Background technology
Nano-cellulose(Cellulose nanocrystal body, Cellulose Nanocrystals, CNCs)It is a kind of length several
Hundred nanometers, width be tens nanometers spindle-type, high length-diameter ratio monodimension nanometer material, usually by microcrystalline cellulose through strong acid water
It is made after solution.CNCs has Young's modulus, tensile strength and the extremely low coefficient of thermal expansion of superelevation, can be used as a kind of high-performance material
Expect reinforcing agent, there is potential application in gel rubber material, membrane material, high-molecular biologic medical material etc.(Habbi Y, et
al., Chemical Reviews, 2010, 110(6), 3479-3500).However, since the surfaces CNCs are rich in hydroxyl, pole
Property it is high, hydrogen bond action is strong, irreversible reunion easily occur, causes it that can not effectively be distributed in matrix to be reinforced, and more
Be to preserve and use in the form of suspension, and then limit its extensive use.
Invention content
Present invention aims at a kind of nano-cellulose/poly-dopamine/polyethylene glycol composite materials of offer, while providing it
Corresponding preparation method is another goal of the invention of the present invention.
Based on above-mentioned purpose, the present invention takes following technical scheme:
A kind of nano-cellulose/poly-dopamine/polyethylene glycol composite material, is changed by the surface of nano-cellulose through poly-dopamine
Property, then be grafted polyethylene glycol and be made, polyethylene glycol is amino or the polyethylene glycol of sulfhydrylation modification and methoxy group.
The nano-cellulose, poly-dopamine, polyethylene glycol mass ratio be(4-15)1 ︰ of ︰(2-15).
The molecular weight of the polyethylene glycol is 1000-10000.
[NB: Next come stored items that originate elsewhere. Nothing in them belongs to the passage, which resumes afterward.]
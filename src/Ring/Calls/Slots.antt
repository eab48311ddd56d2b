-- ===== src/Ring/Calls/Slots.antt =====
-- The `& mask` of src/common/include/ring.hpp: positions, slots and words.
use native.Mathlib.Nat.{
  mod-eq_of_lt, mod-lt, mod-add-mod, mod-eq-sub-mod, mod-mod_of_dvd, dvd-mul_right, one-le-pow,
  mul-le-mul_right,
}
use Prim.Native.Nat.{◌∣◌}
use native.Mathlib.Decide.{dec_lt}
use sqkio.Common.{
  ℕ, suc, ◌+◌, ◌-◌, ◌*◌, ◌%◌, ◌^◌, ◌≤◌, ◌<◌, ◌≡◌, ◌≢◌, sym, ap, ◌∙◌, bit_and, bit_and_mask, arith,
}
use sqkio.Ring.Copy.Effect.{ahead}
use sqkio.Common.Word.{add32, pow-add}

-- Fewer than `s` steps round `s` places do not come back to the start.
step-ne : (s pos n : ℕ) → 0 < n → n < s → (pos + n) % s ≢ pos % s
step-ne s pos n pos_n lt = elim (dec_lt (pos % s + n) s) [
  | yes h ↦ omega (arith, mod-add-mod pos s n, mod-eq_of_lt h)
  | no h ↦ omega (
    arith,
    mod-add-mod pos s n,
    mod-eq-sub-mod {n = pos % s + n} {m = s} (omega arith),
    mod-eq_of_lt {n = pos % s + n - s} {m = s} (omega (arith, mod-lt pos {m = s} (omega arith))),
    mod-lt pos {m = s} (omega arith),
  )
]

-- A counter that wraps at 2^32 keeps its slot, since 2^k divides 2^32.
pub slot-add32 : (k pos n : ℕ) → k ≤ 32 → bit_and (add32 pos n) (2 ^ k - 1) ≡ (pos + n) % 2 ^ k
slot-add32 k pos n h = bit_and_mask k (add32 pos n) ∙ mod-mod_of_dvd (2 ^ k) (pos + n) divides
  where
    whole : 2 ^ k * 2 ^ (32 - k) ≡ 2 ^ 32
    whole = sym (pow-add k (32 - k)) ∙ ap (λ (t : ℕ). 2 ^ t) sum
      where
        sum : k + (32 - k) ≡ 32
        sum = omega arith

    divides : 2 ^ k ∣ 2 ^ 32
    divides = rw whole at (dvd-mul_right (2 ^ k) (2 ^ (32 - k)))

pub slot-lt : (k pos : ℕ) → bit_and pos (2 ^ k - 1) < 2 ^ k
slot-lt k pos = omega (arith, bit_and_mask k pos, mod-lt pos (one-le-pow k 2 (omega arith)))

pub slot-ne :
    (k pos n : ℕ)
    → k ≤ 32
    → 0 < n
    → n < 2 ^ k
    → bit_and (add32 pos n) (2 ^ k - 1) ≢ bit_and pos (2 ^ k - 1)
slot-ne k pos n h p lt =
    omega (arith, slot-add32 k pos n h, bit_and_mask k pos, step-ne (2 ^ k) pos n p lt)

-- A word of a slot is none of another's.
pub ahead-far :
    (size k s t j : ℕ)
    → s < size
    → t < size
    → s ≢ t
    → j < k
    → k ≤ ahead (size * k) (t * k) (s * k + j)
ahead-far size k s t j hs ht ne lt = elim (dec_lt s t) [
  | yes low ↦ ground (
    arith,
    mul-le-mul_right {m = suc s} {n = t} k low,
    mul-le-mul_right {m = suc t} {n = size} k ht,
  )
  | no high ↦ ground (arith, mul-le-mul_right {m = suc t} {n = s} k (omega arith))
]

-- A word of a slot, counted from the slot's first.
pub ahead-near : (size k t j : ℕ) → t < size → j < k → ahead (size * k) (t * k) (t * k + j) ≡ j
ahead-near size k t j ht lt = ground arith

pub slot_word-lt : (size k t j : ℕ) → t < size → j < k → t * k + j < size * k
slot_word-lt size k t j ht lt = omega (arith, mul-le-mul_right {m = suc t} {n = size} k ht)
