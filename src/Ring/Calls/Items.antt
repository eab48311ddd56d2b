-- ===== src/Ring/Calls/Items.antt =====
-- The items in the slots of a ring (src/common/include/ring.hpp), before and after the copy of one
-- element.
use sqkio.Common.{
  ℕ, zero, suc, ◌+◌, ◌-◌, ◌*◌, ◌^◌, ◌≤◌, ◌<◌, ◌≡◌, ◌≢◌, sym, ap, ap₂, ◌∙◌, List, [], ◌∷◌, ◌++◌,
  bit_and, arith,
}
use sqkio.Common.Word.{add32}
use sqkio.Ring.Copy.{Mem}
use sqkio.Ring.Copy.Result.{written, written_far, written_near, read, read_inside}
use sqkio.Ring.Elements.{scale}
use sqkio.Ring.Calls.Valid.{words, words-ext, item, window}
use sqkio.Ring.Calls.Slots.{slot-lt, slot-ne, ahead-far, ahead-near, slot_word-lt}

module _ {W : Type 0} (esize : ℕ) where
  -- Writing the slot behind a window makes the window longer by what was written.
  pub window-append :
      (k : ℕ) (m m' : Mem W) (pos n : ℕ) (x : List W)
      → k ≤ 32
      → pos < 2 ^ 32
      → n < 2 ^ k
      → ((s : ℕ)
          → s < 2 ^ k
          → s ≢ bit_and (add32 pos n) (2 ^ k - 1)
          → item esize m' s ≡ item esize m s)
      → item esize m' (bit_and (add32 pos n) (2 ^ k - 1)) ≡ x
      → window esize (2 ^ k - 1) m' pos (suc n) ≡ window esize (2 ^ k - 1) m pos n ++ x ∷ []
  window-append k m m' pos zero x hk hp hn keep new =
      let here : add32 pos 0 ≡ pos = omega arith in ap (λ (t : List W). t ∷ []) (rw here at new)
  window-append k m m' pos (suc n) x hk hp hn keep new =
      ap₂ ◌∷◌
        (keep (bit_and pos (2 ^ k - 1)) (slot-lt k pos)
          (λ e. slot-ne k pos (suc n) hk (omega arith) hn (sym e)))
        (window-append k m m' (add32 pos 1) n x hk (omega arith) (omega arith)
          (λ s lt ne. keep s lt (λ e. ne (e ∙ ap (λ (t : ℕ). bit_and t (2 ^ k - 1)) (sym after))))
          (rw (sym after) at new))
    where
      after : add32 (add32 pos 1) n ≡ add32 pos (suc n)
      after = omega arith

  -- What a copy of one element into slot `t` leaves in the slots.
  pub item-written_ne :
      (size t s : ℕ) (entry ring mem : Mem W)
      → t < size
      → s < size
      → s ≢ t
      → ((p : ℕ)
          → mem p ≡ written (size * scale esize) (t * scale esize) entry (1 * scale esize) ring p)
      → item esize mem s ≡ item esize ring s
  item-written_ne size t s entry ring mem ht hs ne same =
      words-ext (scale esize) mem ring _ _ λ j lt.
        same (s * scale esize + j)
        ∙ written_far (size * scale esize) (t * scale esize) (1 * scale esize) entry ring
            (s * scale esize + j) (omega (arith, ahead-far size (scale esize) s t j hs ht ne lt))

  pub item-written_self :
      (size t : ℕ) (entry ring mem : Mem W)
      → t < size
      → ((p : ℕ)
          → mem p ≡ written (size * scale esize) (t * scale esize) entry (1 * scale esize) ring p)
      → item esize mem t ≡ words (scale esize) entry 0
  item-written_self size t entry ring mem ht same = words-ext (scale esize) mem entry _ _ λ j lt.
      same (t * scale esize + j)
      ∙ written_near (size * scale esize) (t * scale esize) (1 * scale esize) (0 + j) entry ring
          (t * scale esize + j) (slot_word-lt size (scale esize) t j ht lt) (omega arith)
          (omega (arith, ahead-near size (scale esize) t j ht lt))

  -- What a copy of the element out of slot `t` leaves in the first words of the entry.
  pub item-read_self :
      (size t : ℕ) (entry ring out : Mem W)
      → t < size
      → ((q : ℕ)
          → out q ≡ read (size * scale esize) (t * scale esize) ring (1 * scale esize) entry q)
      → item esize ring t ≡ words (scale esize) out 0
  item-read_self size t entry ring out ht same = words-ext (scale esize) ring out _ _ λ j lt. sym (
      same (0 + j)
      ∙ read_inside (size * scale esize) (t * scale esize) (1 * scale esize) ring entry (0 + j)
          (t * scale esize + j) (omega arith) (slot_word-lt size (scale esize) t j ht lt)
          (omega arith))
The method for preparing nano-cellulose/poly-dopamine/polyethylene glycol composite material, includes the following steps:
1)Under stirring condition, alkalescent buffer is added successively into the nano-cellulose aqueous suspension of a concentration of 0.2-2wt%
It being mixed with dopamine hydrochloride, mixed system pH value is more than 8.5, after reaction, and the reaction time is more than or equal to 12h, and centrifugation is dialysed,
When dialysis, molecular cut off 10K-300K obtains nano-cellulose/poly-dopamine suspension;
2)To step 1)Nano-cellulose/poly-dopamine suspension in add alkalescent buffer, make the mixed system pH value be
More than 8.5, amino or the polyethylene glycol of sulfhydrylation modification and methoxy group are added, at 30-55 DEG C, stirs 12-48h,
Centrifugation, dialysis, freeze-drying, obtain nano-cellulose/poly-dopamine/polyethylene glycol composite material;When dialysis, molecular cut off is
10K-300K。
Step 1)With 2)Middle alkalescent buffer is three(Methylol)Aminomethane, centrifugal condition:Centrifugal rotational speed 9000-
10000r/min, centrifugation time 10-15min;Step 1)When mixing and reaction, speed of agitator is 500-2000 r/min, instead
It is 12-48 h between seasonable.
Step 1)With 2)Dialysis condition:At room temperature, dialyse 24-48h;Step 2)Speed of agitator is 100-500 r/min.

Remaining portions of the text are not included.